The concept of vector projection is essential when splitting vectors into components that are parallel and orthogonal. The projection of one vector onto another is a way of finding the closest point on a vector line to another vector. It helps in creating a component of a vector that lies in the same direction as another vector.

To compute the projection of vector \( \mathbf{u} \) onto vector \( \mathbf{v} \), we use the formula:

• \( \text{proj}_{\mathbf{v}} \mathbf{u} = \frac{\mathbf{u} \cdot \mathbf{v}}{\mathbf{v} \cdot \mathbf{v}} \mathbf{v} \)

The formula uses dot products to determine the scale of vector \( \mathbf{v} \) needed to best represent \( \mathbf{u} \) along \( \mathbf{v} \). The fraction represents how much of \( \mathbf{u} \) can be attributed to \( \mathbf{v} \).
This process plays a critical role when decomposing vectors into parallel and orthogonal components during vector decomposition.

The dot product, also known as scalar product, is fundamental in vector mathematics. It measures how much of one vector goes in the direction of another.

For any two vectors \( \mathbf{a} = a_1 \mathbf{i} + a_2 \mathbf{j} + a_3 \mathbf{k} \) and \( \mathbf{b} = b_1 \mathbf{i} + b_2 \mathbf{j} + b_3 \mathbf{k} \), the dot product \( \mathbf{a} \cdot \mathbf{b} \) is calculated as:

• \( a_1b_1 + a_2b_2 + a_3b_3 \)

This value is a scalar, indicating the directional alignment of the two vectors. When calculating projections, the dot product enables us to find how much of one vector is present in another.

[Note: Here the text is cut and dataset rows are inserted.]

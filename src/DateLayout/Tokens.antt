-- ===== src/DateLayout/Tokens.antt =====
-- The tokens of a .NET date format, and the one that a format starts with.
use Prim.Native.String.{String}
use jacklet.Prelude.{
  ℕ, zero, suc, min, max, Option, none, some, List, [], ◌∷◌, if◌then◌else◌, ◌==◌, ℕ-Eq, length,
  contains, Bytes, codes, Bytes-Eq,
}

pub record DotNetToken : Type 0 where
  pub dot_net : Bytes
  pub golang : Bytes

abbrev pub token : String → String → DotNetToken
token dot_net golang = record { dot_net = codes dot_net; golang = codes golang }

abbrev pub dot_net_specifiers : Bytes
dot_net_specifiers = codes "dfFghHKmMstyz"

abbrev pub dot_net_tokens : List DotNetToken
dot_net_tokens =
    token "fffffff" "0000000"
    ∷ token "ffffff" "000000"
    ∷ token "fffff" "00000"
    ∷ token "ffff" "0000"
    ∷ token "fff" "000"
    ∷ token "ff" "00"
    ∷ token "f" "0"
    ∷ token "FFFFFFF" "9999999"
    ∷ token "FFFFFF" "999999"
    ∷ token "FFFFF" "99999"
    ∷ token "FFFF" "9999"
    ∷ token "FFF" "999"
    ∷ token "FF" "99"
    ∷ token "F" "9"
    ∷ token "yyyy" "2006"
    ∷ token "yyy" "2006"
    ∷ token "yy" "06"
    ∷ token "y" "06"
    ∷ token "MMMM" "January"
    ∷ token "MMM" "Jan"
    ∷ token "MM" "01"
    ∷ token "M" "1"
    ∷ token "dddd" "Monday"
    ∷ token "ddd" "Mon"
    ∷ token "dd" "02"
    ∷ token "d" "2"
    ∷ token "HH" "15"
    ∷ token "H" "15"
    ∷ token "hh" "03"
    ∷ token "h" "3"
    ∷ token "mm" "04"
    ∷ token "m" "4"
    ∷ token "ss" "05"
    ∷ token "s" "5"
    ∷ token "tt" "PM"
    ∷ token "t" "PM"
    ∷ token "zzz" "-07:00"
    ∷ token "zz" "-07"
    ∷ token "z" "-07"
    ∷ token "K" "Z07:00"
    ∷ []

-- The length of a token of one letter, if it is that letter's.
abbrev pub run_length : ℕ → Bytes → ℕ
run_length c [] = 0
run_length c (b ∷ s) = if b == c then length (b ∷ s) else 0

unfoldable pub longest_run : ℕ → List DotNetToken → ℕ
longest_run c [] = 0
longest_run c (t ∷ ts) = max (run_length c t.dot_net) (longest_run c ts)

unfoldable pub max_dot_net_run : ℕ → ℕ
unfolding longest_run
max_dot_net_run c = longest_run c dot_net_tokens

-- How often a letter stands at the start of a text.
unfoldable pub leading : ℕ → Bytes → ℕ
leading c [] = 0
leading c (b ∷ s) = let rest = leading c s in if b == c then suc rest else 0

unfoldable pub repeat : ℕ → ℕ → Bytes
repeat c zero = []
repeat c (suc n) = c ∷ repeat c n

unfoldable pub find_token : Bytes → List DotNetToken → Option DotNetToken
find_token key [] = none
find_token key (t ∷ ts) = let rest = find_token key ts in if t.dot_net == key then some t else rest

unfoldable pub token_run : ℕ → Bytes → ℕ
unfolding leading
token_run c s = if c == b'K' then 1 else suc (leading c s)

unfoldable pub token_for : ℕ → ℕ → Option DotNetToken
unfolding repeat max_dot_net_run find_token
token_for c run = find_token (repeat c (min run (max_dot_net_run c))) dot_net_tokens

-- The token that the format `c ∷ s` starts with, and how many characters it takes.
unfoldable pub match_dot_net_token : ℕ → Bytes → Option (DotNetToken × ℕ)
unfolding token_run token_for
match_dot_net_token c s =
    if contains dot_net_specifiers c
    then elim (token_for c (token_run c s)) [ none ↦ none | some t ↦ some (t, token_run c s) ]
    else none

In the case of \( \mathbf{u} \) and \( \mathbf{v} \) from the exercise, computing \( \mathbf{u} \cdot \mathbf{v} \) provides a scalar value needed for determining the projection.
Moreover, the dot product is also pivotal in checking the orthogonality of vectors, where it results in zero for orthogonal vectors.

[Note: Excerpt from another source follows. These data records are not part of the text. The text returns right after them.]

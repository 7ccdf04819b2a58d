-- ===== src/DateLayout/Widening.antt =====
-- The variants of a value in which the parts that are too narrow for Go's tokens are widened.
-- A position of a value is an index; `seen` holds the variants of `widened`, and no others.
use jacklet.Prelude.{
  ℕ, zero, suc, ◌-◌, Bool, true, false, not, ◌&&◌, ◌||◌, Option, none, some, List, [], ◌∷◌, ◌++◌,
  ltb, leb, if◌then◌else◌, ◌==◌, ℕ-Eq, length, get_elem?, take, drop, contains, Bytes, Bytes-Eq,
}

abbrev pub max_widened_values : ℕ
max_widened_values = 32

abbrev pub is_ascii_letter : ℕ → Bool
is_ascii_letter c = (leb b'a' c && leb c b'z') || (leb b'A' c && leb c b'Z')

abbrev pub is_ascii_digit : ℕ → Bool
is_ascii_digit c = leb b'0' c && leb c b'9'

-- Whether there is a byte at a position and it passes a test.
abbrev pub byte_passes : (ℕ → Bool) → Option ℕ → Bool
byte_passes p none = false
byte_passes p (some b) = p b

abbrev pub is_at : (ℕ → Bool) → Bytes → ℕ → Bool
is_at p value i = byte_passes p (get_elem? value i)

-- `i > 0 && p(value[i-1])`
abbrev pub is_before : (ℕ → Bool) → Bytes → ℕ → Bool
is_before p value zero = false
is_before p value (suc i) = is_at p value i

abbrev pub is_designator : ℕ → Bool
is_designator c = (c == b'a' || c == b'A') || (c == b'p' || c == b'P')

unfoldable pub is_lone_designator : Bytes → ℕ → Bool
is_lone_designator value i =
    is_at is_designator value i
    && (not (is_before is_ascii_letter value i) && not (is_at is_ascii_letter value (suc i)))

unfoldable pub is_short_offset : Bytes → ℕ → Bool
is_short_offset value i =
    is_at (λ c. c == b'+' || c == b'-') value i
    && (is_at is_ascii_digit value (suc i) && not (is_at is_ascii_digit value (suc (suc i))))

unfoldable pub is_lone_digit : Bytes → ℕ → Bool
is_lone_digit value i =
    is_at is_ascii_digit value i
    && (not (is_before is_ascii_digit value i) && not (is_at is_ascii_digit value (suc i)))

unfoldable pub complete_designator : Bytes → ℕ → Bytes
complete_designator value i =
    let completed = if is_at (λ c. leb b'A' c && leb c b'Z') value i then b'M' else b'm' in
    take (suc i) value ++ completed ∷ drop (suc i) value

unfoldable pub pad_digit : Bytes → ℕ → Bytes
pad_digit value i = take i value ++ b'0' ∷ drop i value

unfoldable pub pad_offset_digit : Bytes → ℕ → Bytes
unfolding pad_digit
pad_offset_digit value i = pad_digit value (suc i)

-- The variants so far with one more, and whether there is room for another.
unfoldable pub add_value : List Bytes → Bytes → List Bytes × Bool
add_value widened value =
    let all = if contains widened value then widened else widened ++ value ∷ [] in
    (all, ltb (length all) max_widened_values)

module _ (matches : Bytes → ℕ → Bool) (rewrite : Bytes → ℕ → Bytes) where
  unfoldable pub try_at : List Bytes → Bytes → ℕ → List Bytes × Bool
  unfolding add_value
  try_at widened value i =
      if matches value i then add_value widened (rewrite value i) else (widened, true)

  -- The loop over the last `n` positions of a value: the variants, and whether it went to its end.
  unfoldable pub widen_positions : ℕ → List Bytes → Bytes → List Bytes × Bool
  unfolding try_at
  widen_positions zero widened value = (widened, true)
  widen_positions (suc n) widened value =
      let step = try_at widened value (length value - suc n) in
      let rest = widen_positions n step.0 value in if step.1 then rest else step

  unfoldable pub widen_value : Bool → List Bytes → Bytes → List Bytes × Bool
  unfolding widen_positions add_value
  widen_value false widened value = widen_positions (length value) widened value
  widen_value true widened value =
      let kept = add_value widened value in
      let rest = widen_positions (length value) kept.0 value in if kept.1 then rest else kept

  unfoldable pub widen_all : Bool → List Bytes → List Bytes → List Bytes
  unfolding widen_value
  widen_all keep widened [] = widened
  widen_all keep widened (value ∷ values) =
      let step = widen_value keep widened value in
      let rest = widen_all keep step.0 values in if step.1 then rest else step.0

  unfoldable pub widen_at : Bool → List Bytes → List Bytes
  unfolding widen_all
  widen_at keep values = widen_all keep [] values

  -- As many passes as a token occurs.
  unfoldable pub passes : ℕ → Bool → List Bytes → List Bytes
  unfolding widen_at
  passes zero keep values = values
  passes (suc n) keep values = passes n keep (widen_at keep values)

Orthogonal vectors are vectors that are perpendicular to each other. This relationship is crucial in vector decomposition, aiding in separating components effectively. When two vectors are orthogonal, their dot product is zero, meaning they have no directional overlap.

Finding the orthogonal component of a vector involves subtracting the projection from the original vector:

• Given \( \mathbf{u} \) and its projection \( \text{proj}_{\mathbf{v}} \mathbf{u} \), the orthogonal projection is \( \mathbf{u} - \text{proj}_{\mathbf{v}} \mathbf{u} \).

This process leaves us with a vector that is completely independent directionally from \( \mathbf{v} \).
In the exercise example, after obtaining the projection, the remaining part of \( \mathbf{u} \) represents the vector orthogonal to \( \mathbf{v} \), decomposing \( \mathbf{u} \) into its parallel and orthogonal components.